Department of Critical Care Medicine, E-Da Hospital, I-Shou University, Kaohsiung, Taiwan.
Otolaryngol Head Neck Surg. 2023 Oct;169(4):843-851. doi: 10.1002/ohn.335. Epub 2023 Mar 24.
To investigate the beneficial outcomes of intraoperative enteral feeding in free-flap regeneration after extended head and neck cancer resection and flap reconstruction surgery.
A pilot randomized, double-blind, placebo-controlled clinical trial.
Single tertiary care center.
Patients with advanced head and neck cancers requiring radical tumor resections and free-flap reconstruction were randomly assigned to receive intraoperative enteral nutrition feeding (100 kcal/100 mL at 10-20 mL/h) via a nasogastric tube during free-flap reconstruction (n = 28) or continue fasting (n = 28). The primary outcome was impaired free-flap regeneration that required surgical reintervention within 90 days after the operation. Participants were enrolled between April 2020 and January 2022; the 90-day follow-up ended in April 2022.

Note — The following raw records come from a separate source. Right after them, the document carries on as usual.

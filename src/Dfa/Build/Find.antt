-- ===== src/Dfa/Build/Find.antt =====
-- The search for a set among the known ones.
use mathlib.Core.Bool.{true≢false}
use mathlib.Core.Option.{some-injective}
use mathlib.Core.Path.{subst}
use tesla.Base.{
  Bool-cases, List, [], ap, arith, get_elem?, if◌then◌else◌, inl, inr, none, or-left, or-right,
  some, suc, sym, true, zero, ℕ, ◌+◌, ◌∙◌, ◌∷◌, ◌≡◌,
}
use tesla.Dfa.{StateSet}
use tesla.Dfa.Build.{find_set}
use tesla.Dfa.Build.Measure.{find_set-none}
use tesla.Dfa.Sets.{is_known}
use tesla.Ir.Equal.{bool_eq, bool_eq-IsEquality, list_eq, list_eq-IsEquality}

-- A set that is found is at its place.
pub find_set-some :
    (ks : List StateSet) (ns : StateSet) (i j : ℕ)
    → find_set ks ns i ≡ some j
    → (k : ℕ) × (j ≡ i + k) × (get_elem? ks k ≡ some ns)
unfolding find_set
find_set-some [] ns i j e = cc
find_set-some (k ∷ ks) ns i j e = elim (Bool-cases (list_eq bool_eq k ns)) [
  | inl same ↦
      let found = subst (λ b. (if b then some i else find_set ks ns (i + 1)) ≡ some j) same e in
      let at : i ≡ j = some-injective i j found in
      (0, omega (arith, at), ap some ((list_eq-IsEquality bool_eq-IsEquality).sound k ns same))
  | inr other ↦
      let later = subst (λ b. (if b then some i else find_set ks ns (i + 1)) ≡ some j) other e in
      let (p, at, is) = find_set-some ks ns (i + 1) j later in (suc p, omega (arith, at), is)
]

known_at :
    (ks : List StateSet) (ns : StateSet) (k : ℕ) → get_elem? ks k ≡ some ns → is_known ks ns ≡ true
known_at [] ns k at = cc
known_at (x ∷ ks) ns zero at = or-left (list_eq bool_eq x ns) (is_known ks ns) (
    subst (λ y. list_eq bool_eq y ns ≡ true) (sym (some-injective x ns at))
      ((list_eq-IsEquality bool_eq-IsEquality).self ns))
known_at (x ∷ ks) ns (suc k) at =
    or-right (list_eq bool_eq x ns) (is_known ks ns) (known_at ks ns k at)

-- A set that is not found is at no place.
pub find_set-missing :
    (ks : List StateSet) (ns : StateSet) (k : ℕ)
    → find_set ks ns 0 ≡ none
    → get_elem? ks k ≡ some ns
    → ⊥
find_set-missing ks ns k e at = true≢false (sym (known_at ks ns k at) ∙ find_set-none ks ns 0 e)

The incidence of total or partial flap failure was similar between the 2 groups (14.2% or n = 4 in each group), but the rate of wound dehiscence or edge necrosis was significantly reduced in the feeding group (n = 6 vs 0 for fasting vs feeding; absolute risk reduction, 25.0% [95% confidence interval, 6.9-43.0]%; p = 0.022). Hospital stay length was shorter (p = 0.042) and hand grip strength was better preserved (p = 0.025) in the feeding group. Plasma concentrations of interleukin (IL)-6 and IL-8 after the operation increased significantly more in the fasting group. Perioperative adverse events did not differ between the 2 groups.

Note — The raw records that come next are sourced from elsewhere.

-- ===== src/Dfa/Build/Outs.antt =====
-- The transitions of the members of a set.
use mathlib.Core.List.Memᴰ
use mathlib.Core.List.{Memᴰ}
use mathlib.Core.Path.{subst}
use tesla.Base.{List, [], arith, false, inl, inr, refl, suc, true, zero, ℕ, ◌+◌, ◌↔◌, ◌∷◌, ◌≡◌}
use tesla.Automata.{GraphTransition}
use tesla.Automata.Graph.{Graph, out_of}
use tesla.Dfa.{StateSet, has_state, members_from}
use tesla.Dfa.Build.{all_out}

-- The members of a list of tests are those that are set.
members_from-member :
    (k i : ℕ) (ns : StateSet)
    → Memᴰ i (members_from k ns)
    → (j : ℕ) × (i ≡ k + j) × (has_state ns j ≡ true)
unfolding members_from
members_from-member k i [] m = absurd (Memᴰ.not-nil m)
members_from-member k i (true ∷ ns) m = elim (Memᴰ.cases_cons m) [
  | inl is ↦ (0, omega (arith, is), refl)
  | inr later ↦
      let (j, at, h) = members_from-member (k + 1) i ns later in (suc j, omega (arith, at), h)
]
members_from-member k i (false ∷ ns) m =
    let (j, at, h) = members_from-member (k + 1) i ns m in (suc j, omega (arith, at), h)

members_from-has :
    (k j : ℕ) (ns : StateSet) → has_state ns j ≡ true → Memᴰ (k + j) (members_from k ns)
unfolding members_from
members_from-has k j [] h = cc
members_from-has k zero (true ∷ ns) h = Memᴰ.head (omega arith)
members_from-has k zero (false ∷ ns) h = cc
members_from-has k (suc j) (true ∷ ns) h =
    Memᴰ.tail (
      subst (λ n. Memᴰ n (members_from (k + 1) ns)) (omega arith) (members_from-has (k + 1) j ns h))
members_from-has k (suc j) (false ∷ ns) h =
    subst (λ n. Memᴰ n (members_from (k + 1) ns)) (omega arith) (members_from-has (k + 1) j ns h)

module _ (depth : ℕ) (nfa : Graph) where
  all_out-member :
      (ss : List ℕ) (t : GraphTransition)
      → Memᴰ t (all_out depth nfa ss)
      → (s : ℕ) × Memᴰ s ss × Memᴰ t (out_of s nfa.transitions)
  unfolding all_out
  all_out-member [] t m = absurd (Memᴰ.not-nil m)
  all_out-member (s ∷ ss) t m = elim (Memᴰ.append_cases (out_of s nfa.transitions) m) [
    | inl mine ↦ (s, Memᴰ.head refl, mine)
    | inr others ↦ let (s', k, out) = all_out-member ss t others in (s', Memᴰ.tail k, out)
  ]

  all_out-has :
      (ss : List ℕ) (s : ℕ) (t : GraphTransition)
      → Memᴰ s ss
      → Memᴰ t (out_of s nfa.transitions)
      → Memᴰ t (all_out depth nfa ss)
  unfolding all_out
  all_out-has [] s t m out = absurd (Memᴰ.not-nil m)
  all_out-has (s' ∷ ss) s t m out = elim (Memᴰ.cases_cons m) [
    | inl is ↦
        Memᴰ.append_left (all_out depth nfa ss)
          (subst (λ n. Memᴰ t (out_of n nfa.transitions)) is out)
    | inr later ↦ Memᴰ.append_right (out_of s' nfa.transitions) (all_out-has ss s t later out)
  ]

  -- The transitions that the loops over a set visit are those that leave a member of it.
  pub outs-member :
      (ns : StateSet) (t : GraphTransition)
      → Memᴰ t (all_out depth nfa (members_from 0 ns))
        ↔ ((s : ℕ) × (has_state ns s ≡ true) × Memᴰ t (out_of s nfa.transitions))
  outs-member ns t = (
    λ m.
        let (s, k, out) = all_out-member (members_from 0 ns) t m in
        let (j, at, h) = members_from-member 0 s ns k in
        (s, subst (λ n. has_state ns n ≡ true) (omega (arith, at)) h, out),
    λ (s, h, out).
        all_out-has (members_from 0 ns) s t
          (subst (λ n. Memᴰ n (members_from 0 ns)) (omega arith) (members_from-has 0 s ns h)) out,
  )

Perioperative enteral feeding is a simple, safe, and effective approach to improve perioperative systemic catabolism and proinflammatory reactions, thereby enhancing early wound regeneration after major operations.

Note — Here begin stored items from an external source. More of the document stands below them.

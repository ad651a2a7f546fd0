-- ===== src/Dfa/Build/Picks.antt =====
-- `stateForNFAStates` keeps the book, and gives the state of its set.
use mathlib.Core.List.Memᴰ
use mathlib.Core.List.{Memᴰ}
use mathlib.Core.Path.{subst}
use tesla.Base.{
  Bool, List, Option-cases, [], ap, arith, get_elem?, get_elem?-append_cases, get_elem?-append_last,
  get_elem?-append_left, get_elem?-lt, if◌then◌else◌, inl, inr, length, length-append, none, refl,
  some, suc, sym, zero, ℕ, ◌++◌, ◌<◌, ◌∙◌, ◌∷◌, ◌≡◌, ◌⊎◌,
}
use tesla.Automata.Graph.{Graph, GraphState, build_state, made_state}
use tesla.Automata.Graph.Added.{accepts_in}
use tesla.Dfa.{StateSet}
use tesla.Dfa.Build.{Builder, Unfinished, find_set, known_or_new, new_state, state_for_nfa_states}
use tesla.Dfa.Build.Book.{Book, Done-Onward, SetFits, Onward, SetOf}
use tesla.Dfa.Build.Find.{find_set-missing, find_set-some}
use tesla.Store.{fit}

-- What is known of the state and the builder that the search for a set gives.
pub record Picked (depth : ℕ) (nfa : Graph) (first : StateSet) (done : List ℕ)
    (extra : StateSet → Type 0) (ns : StateSet) (b : Builder) (r : ℕ × Builder) : Type 0 where
  pub book : Book depth nfa first done extra r.1
  pub at : SetOf r.1 r.0 ns
  pub on : (d : ℕ) → Onward d b r.1
  pub same_finished : r.1.finished ≡ b.finished

-- A state that stays accepts as before.
accepts_in-append :
    (states : List GraphState) (state : GraphState) (i : ℕ)
    → i < length states
    → accepts_in (states ++ state ∷ []) i ≡ accepts_in states i
accepts_in-append [] state i h = elim h [ ]
accepts_in-append (x ∷ states) state zero h = refl
accepts_in-append (x ∷ states) state (suc i) h = accepts_in-append states state i (omega arith)

accepts_in-last :
    (states : List GraphState) (state : GraphState)
    → accepts_in (states ++ state ∷ []) (length states) ≡ state.accept
accepts_in-last [] state = refl
accepts_in-last (x ∷ states) state = accepts_in-last states state

Onward-self : (d : ℕ) (b : Builder) → Onward d b b
Onward-self d b = record { sets = λ i ns at. at; still = λ e m. m; back = λ e m. m }

module _ (depth : ℕ) (nfa : Graph) (first : StateSet) (done : List ℕ)
    (extra : StateSet → Type 0) where
  new_state-Onward :
      (ns : StateSet) (start final : Bool) (b : Builder) (d : ℕ)
      → Onward d b (new_state ns start final b).1
  unfolding new_state build_state
  new_state-Onward ns start final b d = record {
    sets = λ i ms at. get_elem?-append_left b.known_sets (ns ∷ []) i ms at;
    still = λ e m. record { member = m.member; source = m.source };
    back = λ e m. record { member = m.member; source = m.source };
  }

  -- A set stands at one place, where a new one comes after the others.
  appended-distinct :
      (b : Builder) (ns : StateSet)
      → ((k : ℕ) → SetOf b k ns → ⊥)
      → Book depth nfa first done extra b
      → (i j : ℕ) (ms : StateSet) → SetOf b i ms ⊎ ((i ≡ length b.known_sets) × (ns ≡ ms))
      → SetOf b j ms ⊎ ((j ≡ length b.known_sets) × (ns ≡ ms))
      → i ≡ j
  appended-distinct b ns fresh book i j ms (inl p) (inl q) = book.distinct i j ms p q
  appended-distinct b ns fresh book i j ms (inl p) (inr (q, is)) =
      absurd (fresh i (subst (SetOf b i) (sym is) p))
  appended-distinct b ns fresh book i j ms (inr (p, is)) (inl q) =
      absurd (fresh j (subst (SetOf b j) (sym is) q))
  appended-distinct b ns fresh book i j ms (inr (p, is)) (inr (q, _)) = p ∙ sym q

  new_state-Picked :
      (ns : StateSet) (start final : Bool) (b : Builder)
      → SetFits nfa ns final
      → ((k : ℕ) → SetOf b k ns → ⊥)
      → Book depth nfa first done extra b
      → Picked depth nfa first done extra ns b (new_state ns start final b)
  unfolding new_state build_state
  new_state-Picked ns start final b fit fresh book =
      let count = if start then some b.ref_count else none in
      let old = λ (i : ℕ) (ms : StateSet). get_elem?-append_cases b.known_sets ns i ms in
      let more = length-append b.known_sets (ns ∷ []) in
      let states = length-append b.graph.states (made_state start final count ∷ []) in
      record {
        book = record {
          begins = get_elem?-append_left b.known_sets (ns ∷ []) 0 first book.begins;
          distinct =
              λ i j ms p q. appended-distinct b ns fresh book i j ms (old i ms p) (old j ms q);
          aligned = omega (arith, more, states, book.aligned);
          fits = λ i ms at. elim (old i ms at) [
            | inl before ↦
                let inside = get_elem?-lt b.known_sets i ms before in
                subst (SetFits nfa ms)
                  (sym (
                    accepts_in-append b.graph.states (made_state start final count) i
                      (omega (arith, inside, book.aligned))))
                  (book.fits i ms before)
            | inr (here, is) ↦
                subst
                  (λ x.
                    SetFits nfa x
                      (accepts_in (b.graph.states ++ made_state start final count ∷ []) i))
                  is
                  (subst (SetFits nfa ns)
                    (sym (
                      ap (accepts_in (b.graph.states ++ made_state start final count ∷ []))
                        (here ∙ book.aligned)
                      ∙ accepts_in-last b.graph.states (made_state start final count)))
                    fit)
          ];
          fits_later = λ u m. elim (Memᴰ.cases_cons m) [
            | inl is ↦ subst (λ (x : Unfinished). SetFits nfa x.members x.final) (sym is) fit
            | inr later ↦ book.fits_later u later
          ];
          waiting = λ i ms at. elim (old i ms at) [
            | inl before ↦ elim (book.waiting i ms before) [
              | inl finished ↦ inl finished
              | inr (inl (u, m, is)) ↦ inr (inl (u, Memᴰ.tail m, is))
              | inr (inr other) ↦ inr (inr other)
            ]
            | inr (here, is) ↦ inr (inl (_, Memᴰ.head refl, is))
          ];
          origin = book.origin;
          settled = λ d h.
              Done-Onward depth nfa b (new_state ns start final b).1 d
                (new_state-Onward ns start final b d) (book.settled d h);
        };
        at =
            subst (λ i. get_elem? (b.known_sets ++ ns ∷ []) i ≡ some ns) book.aligned
              (get_elem?-append_last b.known_sets ns);
        on = new_state-Onward ns start final b;
        same_finished = refl;
      }

  pub state_for_nfa_states-Picked :
      (ns : StateSet) (start final : Bool) (b : Builder)
      → SetFits nfa ns final
      → Book depth nfa first done extra b
      → Picked depth nfa first done extra ns b (state_for_nfa_states ns start final b)
  unfolding state_for_nfa_states known_or_new
  state_for_nfa_states-Picked ns start final b fit book =
      elim (Option-cases (find_set b.known_sets ns 0)) [
        | inl missing ↦ rw missing (
            new_state-Picked ns start final b fit (λ k. find_set-missing b.known_sets ns k missing)
              book)
        | inr (i, found) ↦
            let (k, at, is) = find_set-some b.known_sets ns 0 i found in
            rw found (record {
              book = book;
              at = subst (λ n. get_elem? b.known_sets n ≡ some ns) (omega (arith, at)) is;
              on = λ d. Onward-self d b;
              same_finished = refl;
            })
      ]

探讨在头颈部广泛切除及皮瓣重建术后,术中肠内喂养对游离皮瓣再生的有益作用。
一项前瞻性、随机、双盲、安慰剂对照临床试验。
单中心三级医疗机构。
将需要根治性肿瘤切除术和游离皮瓣重建术的晚期头颈部癌患者随机分为两组,分别在游离皮瓣重建术中(通过鼻胃管以 10-20mL/h 的速度输注 100kcal/100mL 的肠内营养)(n=28)或继续禁食(n=28)。主要结局是术后 90 天内需要手术干预的游离皮瓣再生不良。参与者于 2020 年 4 月至 2022 年 1 月入组,90 天随访于 2022 年 4 月结束。
两组总或部分皮瓣失败的发生率相似(各有 14.2%或 n=4),但喂养组的伤口裂开或边缘坏死的发生率显著降低(n=6 比禁食组的 0;绝对风险降低,25.0%[95%置信区间,6.9-43.0];p=0.022)。喂养组的住院时间更短(p=0.042),握力保持更好(p=0.025)。术后,禁食组的白细胞介素(IL)-6 和 IL-8 血浆浓度升高更为显著。两组围手术期不良事件无差异。
围手术期肠内喂养是一种简单、安全、有效的方法,可以改善围手术期全身分解代谢和促炎反应,从而增强大手术后早期伤口再生。